It is only available to trial users on http://m.directv.com


----------



## VARTV (Dec 14, 2006)

bnglbill said:


> Yup a few more little tweaks on this weekends CE release and I bet if all goes well, it will go national. This has been the longest CE string we have had without a national release.


How can the HR20's be hooked up on a secure wireless network?


----------



## Michael D'Angelo (Oct 21, 2006)

VARTV said:


> How can the HR20's be hooked up on a secure wireless network?


You need a wireless bridge or wireless game adapter with a ethernet connection not USB.


----------



## VARTV (Dec 14, 2006)

BMoreRavens said:


> You need a wireless bridge or wireless game adapter with a ethernet connection not USB.

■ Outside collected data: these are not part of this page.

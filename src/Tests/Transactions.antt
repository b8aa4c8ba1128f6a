-- ===== src/Tests/Transactions.antt =====
-- A transaction of one instruction, compiled, parsed and ordered.
use chancery_integration_exa.Common.{
  ℕ, ◌≡◌, ◌-◌, refl, arith, ltb, true, false, not, ◌&&◌, ◌||◌, List, [], ◌∷◌, ◌++◌, length,
  get_elem?, replicate, some, ok,
}
use chancery_integration_exa.Base58.{
  Text, text, raw, normalize_public_key, decode_public_key, decode_key_input, decode_base58,
  leading_count, decode_characters, alphabet_index, encode_base58, letters,
}
use chancery_integration_exa.Common.Radix.{multiply_add, rebase}
use chancery_integration_exa.Messages.{text_equals}
use chancery_integration_exa.Transactions.{
  Instruction, AggregatedMeta, CompiledMessage, unversioned, short_vector_loop,
  encode_short_vector_length, map_get, map_set, merge_account_meta, merge_accounts,
  merge_instructions, aggregate_account_metas, account_order_group, goes_before, insert_meta,
  order_static_account_metas, count_matching, fee_payer_meta, program_meta,
}
use chancery_integration_exa.Transactions.Message.{
  meta_addresses, set_indexes, compiled_index, account_indexes, instruction_part, instruction_parts,
  key_parts, lookups_part, version_part, required_signatures, readonly_signed, readonly_unsigned,
  account_index_by_address, check_counts, message_bytes_of, compile_message_bytes,
  compile_unversioned_message,
}
use chancery_integration_exa.Transactions.Order.{header_layout}
use chancery_integration_exa.Transactions.Aggregate.{
  aggregate_account_metas_flags, any_meta, any_mention, payer_flag, writable,
}
use chancery_integration_exa.Transactions.Compiled.{account_indexes-AreResolved, AreResolved}
use chancery_integration_exa.Transactions.Payer.{compile_unversioned_message_payer}
use chancery_integration_exa.Squads.Compile.{parse_standard_compiled_message}
use chancery_integration_exa.Squads.Message.{SquadsMessage}
use chancery_integration_exa.Squads.Standard.{IsParsed, parse_standard-compile_unversioned}

-- The key of 31 zero bytes and one other.
abbrev key : ℕ → Text
key c = replicate 31 b'1' ++ (c ∷ [])

abbrev key_of : ℕ → List ℕ
key_of n = replicate 31 0 ++ (n ∷ [])

abbrev transfer : Instruction
transfer = record {
  program_address = key b'4';
  accounts =
      record { address = key b'3'; is_signer = false; is_writable = true }
      ∷ (record { address = key b'2'; is_signer = true; is_writable = false } ∷ []);
  data_bytes = 7 ∷ (8 ∷ []);
}

abbrev payer_aggregated : AggregatedMeta
payer_aggregated = fee_payer_meta (key b'2')

abbrev vault_aggregated : AggregatedMeta
vault_aggregated = record {
  address = key b'3';
  first_seen_index = 1;
  is_signer = false;
  is_writable = true;
  is_program = false;
}

abbrev program_aggregated : AggregatedMeta
program_aggregated = program_meta (key b'4') 3

aggregated_run :
    aggregate_account_metas (transfer ∷ []) (text (key b'2'))
    ≡ ok (payer_aggregated ∷ (vault_aggregated ∷ (program_aggregated ∷ [])))
unfolding aggregate_account_metas merge_instructions merge_accounts merge_account_meta
    normalize_public_key decode_public_key decode_key_input decode_base58 leading_count
    decode_characters alphabet_index multiply_add encode_base58 letters rebase text_equals
aggregated_run = refl

abbrev message : CompiledMessage
message = record {
  version = unversioned;
  bytes =
      1
      ∷ (0
          ∷ (1
              ∷ (3
                  ∷ (key_of 1
                      ++ (key_of 2
                          ++ (key_of 3
                              ++ (replicate 32 0
                                  ++ (1 ∷ (2 ∷ (2 ∷ (1 ∷ (0 ∷ (2 ∷ (7 ∷ (8 ∷ [])))))))))))))));
  account_keys = key b'2' ∷ (key b'3' ∷ (key b'4' ∷ []));
  signer_addresses = key b'2' ∷ [];
  number_of_required_signatures = 1;
  number_of_readonly_signed_accounts = 0;
  number_of_readonly_unsigned_accounts = 1;
  address_table_lookups = [];
}

message_run :
    compile_unversioned_message (transfer ∷ []) (text (key b'2')) (raw (replicate 32 0))
    ≡ ok message
unfolding compile_unversioned_message compile_message_bytes message_bytes_of check_counts
    account_index_by_address readonly_unsigned readonly_signed required_signatures version_part
    lookups_part key_parts instruction_parts instruction_part account_indexes compiled_index
    set_indexes meta_addresses aggregate_account_metas merge_instructions merge_accounts
    merge_account_meta normalize_public_key decode_public_key decode_key_input decode_base58
    leading_count decode_characters alphabet_index multiply_add encode_base58 letters rebase
    text_equals order_static_account_metas insert_meta goes_before account_order_group
    count_matching map_get map_set encode_short_vector_length short_vector_loop
message_run = refl

first_ordered :
    get_elem? (order_static_account_metas (vault_aggregated ∷ (payer_aggregated ∷ []))) 0
    ≡ some payer_aggregated
unfolding order_static_account_metas insert_meta goes_before account_order_group
first_ordered = refl

header_layout_example :
    (true
      ≡ ltb 0 (
          required_signatures
            (order_static_account_metas (vault_aggregated ∷ (payer_aggregated ∷ [])))))
    × (true ≡ (
        ltb 0 (
          required_signatures
            (order_static_account_metas (vault_aggregated ∷ (payer_aggregated ∷ [])))
          - readonly_signed
              (order_static_account_metas (vault_aggregated ∷ (payer_aggregated ∷ []))))
        || (not (
              ltb 0 (
                required_signatures
                  (order_static_account_metas (vault_aggregated ∷ (payer_aggregated ∷ [])))))
            && ltb 0 (
                length (order_static_account_metas (vault_aggregated ∷ (payer_aggregated ∷ [])))
                - readonly_unsigned
                    (order_static_account_metas (vault_aggregated ∷ (payer_aggregated ∷ [])))))))
header_layout_example =
    header_layout (vault_aggregated ∷ (payer_aggregated ∷ [])) 0 payer_aggregated first_ordered

aggregate_account_metas_flags_example :
    (payer : Text) × (normalize_public_key (text (key b'2')) ≡ ok payer)
    × (any_meta writable
          (payer_aggregated ∷ (vault_aggregated ∷ (program_aggregated ∷ [])))
          (key b'3')
        ≡ ((text_equals payer (key b'3') && payer_flag writable)
            || any_mention writable (transfer ∷ []) (key b'3')))
aggregate_account_metas_flags_example =
    aggregate_account_metas_flags (transfer ∷ []) (text (key b'2'))
      (payer_aggregated ∷ (vault_aggregated ∷ (program_aggregated ∷ []))) writable (key b'3')
      aggregated_run

indexes_run :
    account_indexes (account_index_by_address (key b'2' ∷ (key b'3' ∷ []))) transfer.accounts
    ≡ ok (1 ∷ (0 ∷ []))
unfolding account_indexes account_index_by_address compiled_index set_indexes map_get map_set
    normalize_public_key decode_public_key decode_key_input decode_base58 leading_count
    decode_characters alphabet_index multiply_add encode_base58 letters rebase text_equals
indexes_run = refl

account_indexes-AreResolved_example :
    AreResolved (key b'2' ∷ (key b'3' ∷ [])) transfer.accounts (1 ∷ (0 ∷ []))
account_indexes-AreResolved_example =
    account_indexes-AreResolved (key b'2' ∷ (key b'3' ∷ [])) transfer.accounts (1 ∷ (0 ∷ []))
      indexes_run

payer_run : normalize_public_key (text (key b'2')) ≡ ok (key b'2')
unfolding normalize_public_key decode_public_key decode_key_input decode_base58 leading_count
    decode_characters alphabet_index multiply_add encode_base58 letters rebase
payer_run = refl

compile_unversioned_message_payer_example :
    (get_elem? message.account_keys 0 ≡ some (key b'2'))
    × (get_elem? message.signer_addresses 0 ≡ some (key b'2'))
compile_unversioned_message_payer_example =
    compile_unversioned_message_payer (transfer ∷ []) (text (key b'2')) (raw (replicate 32 0))
      (key b'2') message payer_run message_run

parse_standard-compile_unversioned_example :
    (m : SquadsMessage) × (parse_standard_compiled_message message.bytes ≡ ok m)
    × IsParsed (transfer ∷ []) message m
parse_standard-compile_unversioned_example =
    parse_standard-compile_unversioned (transfer ∷ []) (text (key b'2')) (raw (replicate 32 0))
      message message_run (omega arith) (omega arith) (omega arith) (omega arith)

I had a bridge laying around from the days I had my RePlayTV DVR... eons ago. The bridge works and a successful Internet connection was made thru the HR20...   Thank you for your help...


----------



## tim99 (Sep 14, 2007)

l8er said:


> Are you kidding about Windows based platforms?


No I'm not kidding. I'm not even exaggerating.  My windows PVR is far more stable and it does 10 times the work. The encoder portion runs separate from the UI as a service and it never ever misses.

To be sure its an apples and oranges argument in the sense that its not a solution for everyone and the HR20 has an entirely different target user.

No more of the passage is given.